— Assigned task —
Copy out every line of the data where the word "readers" is found.

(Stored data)
------------------------------
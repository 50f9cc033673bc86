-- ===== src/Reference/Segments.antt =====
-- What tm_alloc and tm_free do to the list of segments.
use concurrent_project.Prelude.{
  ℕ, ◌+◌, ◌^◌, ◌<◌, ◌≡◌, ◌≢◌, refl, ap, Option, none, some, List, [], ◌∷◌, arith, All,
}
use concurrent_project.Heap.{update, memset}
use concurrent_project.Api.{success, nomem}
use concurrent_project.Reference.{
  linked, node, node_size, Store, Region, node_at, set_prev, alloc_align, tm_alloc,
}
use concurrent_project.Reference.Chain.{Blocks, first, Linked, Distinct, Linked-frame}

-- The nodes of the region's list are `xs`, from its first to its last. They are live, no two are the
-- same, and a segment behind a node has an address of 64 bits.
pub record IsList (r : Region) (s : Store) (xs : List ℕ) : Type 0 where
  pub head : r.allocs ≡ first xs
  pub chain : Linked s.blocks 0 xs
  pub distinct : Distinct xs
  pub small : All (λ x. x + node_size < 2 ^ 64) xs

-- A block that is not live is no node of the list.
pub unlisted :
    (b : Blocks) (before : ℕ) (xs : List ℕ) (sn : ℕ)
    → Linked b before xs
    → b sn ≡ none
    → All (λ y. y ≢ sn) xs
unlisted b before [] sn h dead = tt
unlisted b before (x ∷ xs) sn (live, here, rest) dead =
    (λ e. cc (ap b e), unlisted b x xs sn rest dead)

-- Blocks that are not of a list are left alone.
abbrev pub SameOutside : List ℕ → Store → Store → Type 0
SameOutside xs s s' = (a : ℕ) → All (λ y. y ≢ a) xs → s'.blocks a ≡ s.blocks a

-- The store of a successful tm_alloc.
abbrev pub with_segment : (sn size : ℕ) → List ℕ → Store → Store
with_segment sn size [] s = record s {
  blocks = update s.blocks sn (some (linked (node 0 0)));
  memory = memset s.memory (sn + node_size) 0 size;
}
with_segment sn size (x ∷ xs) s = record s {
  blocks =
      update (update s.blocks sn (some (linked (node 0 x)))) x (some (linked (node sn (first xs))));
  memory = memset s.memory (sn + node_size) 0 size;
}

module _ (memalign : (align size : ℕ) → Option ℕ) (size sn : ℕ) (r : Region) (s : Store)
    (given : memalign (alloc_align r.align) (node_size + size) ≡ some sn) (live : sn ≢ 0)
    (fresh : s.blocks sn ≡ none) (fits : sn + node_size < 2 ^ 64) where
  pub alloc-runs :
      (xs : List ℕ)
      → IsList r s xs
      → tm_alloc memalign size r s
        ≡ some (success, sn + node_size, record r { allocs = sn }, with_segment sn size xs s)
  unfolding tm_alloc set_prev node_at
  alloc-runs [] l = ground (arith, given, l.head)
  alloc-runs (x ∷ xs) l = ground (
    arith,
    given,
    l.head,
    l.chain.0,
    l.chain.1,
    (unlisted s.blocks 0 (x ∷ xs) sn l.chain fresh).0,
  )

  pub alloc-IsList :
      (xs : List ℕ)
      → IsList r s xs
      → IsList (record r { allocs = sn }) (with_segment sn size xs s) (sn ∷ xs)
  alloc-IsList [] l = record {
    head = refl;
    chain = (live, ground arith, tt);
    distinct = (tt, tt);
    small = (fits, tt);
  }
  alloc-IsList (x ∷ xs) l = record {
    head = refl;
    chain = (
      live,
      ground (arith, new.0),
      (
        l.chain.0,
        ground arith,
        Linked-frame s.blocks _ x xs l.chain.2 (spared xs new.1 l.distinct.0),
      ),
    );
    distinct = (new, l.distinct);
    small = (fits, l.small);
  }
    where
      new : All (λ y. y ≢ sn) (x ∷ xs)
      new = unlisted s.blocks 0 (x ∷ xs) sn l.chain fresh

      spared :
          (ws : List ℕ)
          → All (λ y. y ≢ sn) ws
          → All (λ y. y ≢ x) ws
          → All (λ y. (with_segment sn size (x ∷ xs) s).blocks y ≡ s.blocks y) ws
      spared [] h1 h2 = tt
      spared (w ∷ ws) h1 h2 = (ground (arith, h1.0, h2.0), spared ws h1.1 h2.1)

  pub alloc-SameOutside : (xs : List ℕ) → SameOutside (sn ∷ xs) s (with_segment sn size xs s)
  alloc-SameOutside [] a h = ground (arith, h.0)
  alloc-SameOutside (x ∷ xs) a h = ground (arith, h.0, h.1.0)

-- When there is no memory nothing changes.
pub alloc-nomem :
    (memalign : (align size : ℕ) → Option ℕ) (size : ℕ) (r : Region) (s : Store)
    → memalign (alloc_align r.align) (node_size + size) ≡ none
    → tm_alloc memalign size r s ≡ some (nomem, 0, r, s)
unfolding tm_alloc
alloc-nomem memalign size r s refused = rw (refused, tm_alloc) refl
------------------------------
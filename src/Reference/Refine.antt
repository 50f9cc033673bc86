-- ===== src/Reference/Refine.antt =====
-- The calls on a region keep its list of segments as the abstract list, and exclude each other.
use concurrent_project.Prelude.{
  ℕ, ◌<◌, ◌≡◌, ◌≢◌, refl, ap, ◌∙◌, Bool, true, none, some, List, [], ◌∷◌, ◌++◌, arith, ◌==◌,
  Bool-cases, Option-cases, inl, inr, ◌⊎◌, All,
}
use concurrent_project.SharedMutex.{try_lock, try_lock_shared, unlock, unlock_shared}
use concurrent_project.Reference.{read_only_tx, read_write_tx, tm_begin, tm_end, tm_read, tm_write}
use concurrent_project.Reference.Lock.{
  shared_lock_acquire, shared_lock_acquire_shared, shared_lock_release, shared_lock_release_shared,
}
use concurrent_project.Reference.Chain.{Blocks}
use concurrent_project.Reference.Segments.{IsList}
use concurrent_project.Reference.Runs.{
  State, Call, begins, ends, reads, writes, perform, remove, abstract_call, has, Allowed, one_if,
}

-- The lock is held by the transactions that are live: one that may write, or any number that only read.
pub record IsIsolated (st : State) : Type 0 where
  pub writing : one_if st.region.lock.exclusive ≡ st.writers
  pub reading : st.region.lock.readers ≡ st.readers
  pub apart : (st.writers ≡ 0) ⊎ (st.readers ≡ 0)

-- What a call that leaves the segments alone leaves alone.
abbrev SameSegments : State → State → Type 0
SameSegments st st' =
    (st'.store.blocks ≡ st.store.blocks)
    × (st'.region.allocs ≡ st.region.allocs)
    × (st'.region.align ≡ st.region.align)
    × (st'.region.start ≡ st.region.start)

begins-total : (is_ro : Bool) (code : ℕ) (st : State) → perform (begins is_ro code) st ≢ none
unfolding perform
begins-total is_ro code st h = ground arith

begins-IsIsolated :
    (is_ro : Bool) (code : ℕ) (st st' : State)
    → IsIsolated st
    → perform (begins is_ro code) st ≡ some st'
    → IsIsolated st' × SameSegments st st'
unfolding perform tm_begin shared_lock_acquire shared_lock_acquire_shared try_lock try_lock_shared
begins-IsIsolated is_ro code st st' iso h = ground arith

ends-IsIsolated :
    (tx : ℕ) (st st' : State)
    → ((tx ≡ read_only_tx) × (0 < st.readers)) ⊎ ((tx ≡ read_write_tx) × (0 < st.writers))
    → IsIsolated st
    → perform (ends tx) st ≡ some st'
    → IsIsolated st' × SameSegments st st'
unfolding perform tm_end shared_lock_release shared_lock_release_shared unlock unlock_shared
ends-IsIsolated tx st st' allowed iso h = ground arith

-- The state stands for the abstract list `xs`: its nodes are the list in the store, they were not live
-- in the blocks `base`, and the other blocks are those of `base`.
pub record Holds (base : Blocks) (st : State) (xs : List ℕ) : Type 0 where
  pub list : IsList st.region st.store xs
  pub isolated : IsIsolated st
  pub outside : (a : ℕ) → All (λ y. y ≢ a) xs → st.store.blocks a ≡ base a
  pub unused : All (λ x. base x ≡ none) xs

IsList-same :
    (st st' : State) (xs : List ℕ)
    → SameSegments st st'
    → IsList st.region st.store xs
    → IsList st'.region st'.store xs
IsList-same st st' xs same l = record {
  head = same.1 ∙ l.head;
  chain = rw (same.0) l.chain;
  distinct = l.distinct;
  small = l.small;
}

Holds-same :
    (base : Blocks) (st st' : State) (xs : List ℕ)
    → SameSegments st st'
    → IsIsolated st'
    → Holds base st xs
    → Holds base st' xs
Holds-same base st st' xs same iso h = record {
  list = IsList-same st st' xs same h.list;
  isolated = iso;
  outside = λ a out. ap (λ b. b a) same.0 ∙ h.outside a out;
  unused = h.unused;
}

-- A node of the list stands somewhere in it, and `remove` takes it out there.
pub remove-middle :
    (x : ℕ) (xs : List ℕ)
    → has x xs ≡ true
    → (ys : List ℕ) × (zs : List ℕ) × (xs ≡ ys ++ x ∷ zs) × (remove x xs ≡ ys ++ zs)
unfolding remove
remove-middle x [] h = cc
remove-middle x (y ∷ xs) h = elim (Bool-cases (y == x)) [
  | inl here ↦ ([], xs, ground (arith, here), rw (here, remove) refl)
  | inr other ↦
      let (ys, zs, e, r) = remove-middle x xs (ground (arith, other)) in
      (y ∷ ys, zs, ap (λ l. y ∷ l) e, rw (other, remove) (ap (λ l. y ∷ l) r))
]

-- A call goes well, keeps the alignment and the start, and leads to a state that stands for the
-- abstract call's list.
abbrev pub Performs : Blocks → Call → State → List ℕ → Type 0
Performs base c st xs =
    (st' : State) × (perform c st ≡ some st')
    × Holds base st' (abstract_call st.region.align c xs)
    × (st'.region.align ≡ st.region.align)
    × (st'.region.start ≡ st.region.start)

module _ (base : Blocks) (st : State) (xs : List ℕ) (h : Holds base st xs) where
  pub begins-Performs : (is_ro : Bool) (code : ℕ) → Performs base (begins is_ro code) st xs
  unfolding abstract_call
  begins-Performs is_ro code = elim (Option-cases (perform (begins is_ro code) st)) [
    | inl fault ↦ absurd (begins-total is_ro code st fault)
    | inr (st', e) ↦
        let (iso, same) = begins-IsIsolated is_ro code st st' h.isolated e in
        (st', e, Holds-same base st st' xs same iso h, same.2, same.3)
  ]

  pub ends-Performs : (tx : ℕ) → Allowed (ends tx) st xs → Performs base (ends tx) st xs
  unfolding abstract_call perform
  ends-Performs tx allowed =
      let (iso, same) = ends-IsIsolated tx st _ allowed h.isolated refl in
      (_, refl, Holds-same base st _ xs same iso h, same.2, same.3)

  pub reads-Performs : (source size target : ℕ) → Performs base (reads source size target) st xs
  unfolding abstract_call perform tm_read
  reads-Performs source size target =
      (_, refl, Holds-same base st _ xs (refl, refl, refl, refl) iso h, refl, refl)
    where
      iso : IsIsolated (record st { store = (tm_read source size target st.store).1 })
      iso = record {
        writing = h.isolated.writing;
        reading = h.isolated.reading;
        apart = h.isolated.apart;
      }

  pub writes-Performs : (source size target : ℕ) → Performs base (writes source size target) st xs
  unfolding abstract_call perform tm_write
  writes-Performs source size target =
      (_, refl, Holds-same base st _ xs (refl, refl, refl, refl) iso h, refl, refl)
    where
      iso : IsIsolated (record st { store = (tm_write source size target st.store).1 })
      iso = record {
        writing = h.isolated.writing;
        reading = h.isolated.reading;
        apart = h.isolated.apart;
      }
------------------------------
— Reply —
  pub reading : st.region.lock.readers ≡ st.readers
  pub apart : (st.writers ≡ 0) ⊎ (st.readers ≡ 0)
    → ((tx ≡ read_only_tx) × (0 < st.readers)) ⊎ ((tx ≡ read_write_tx) × (0 < st.writers))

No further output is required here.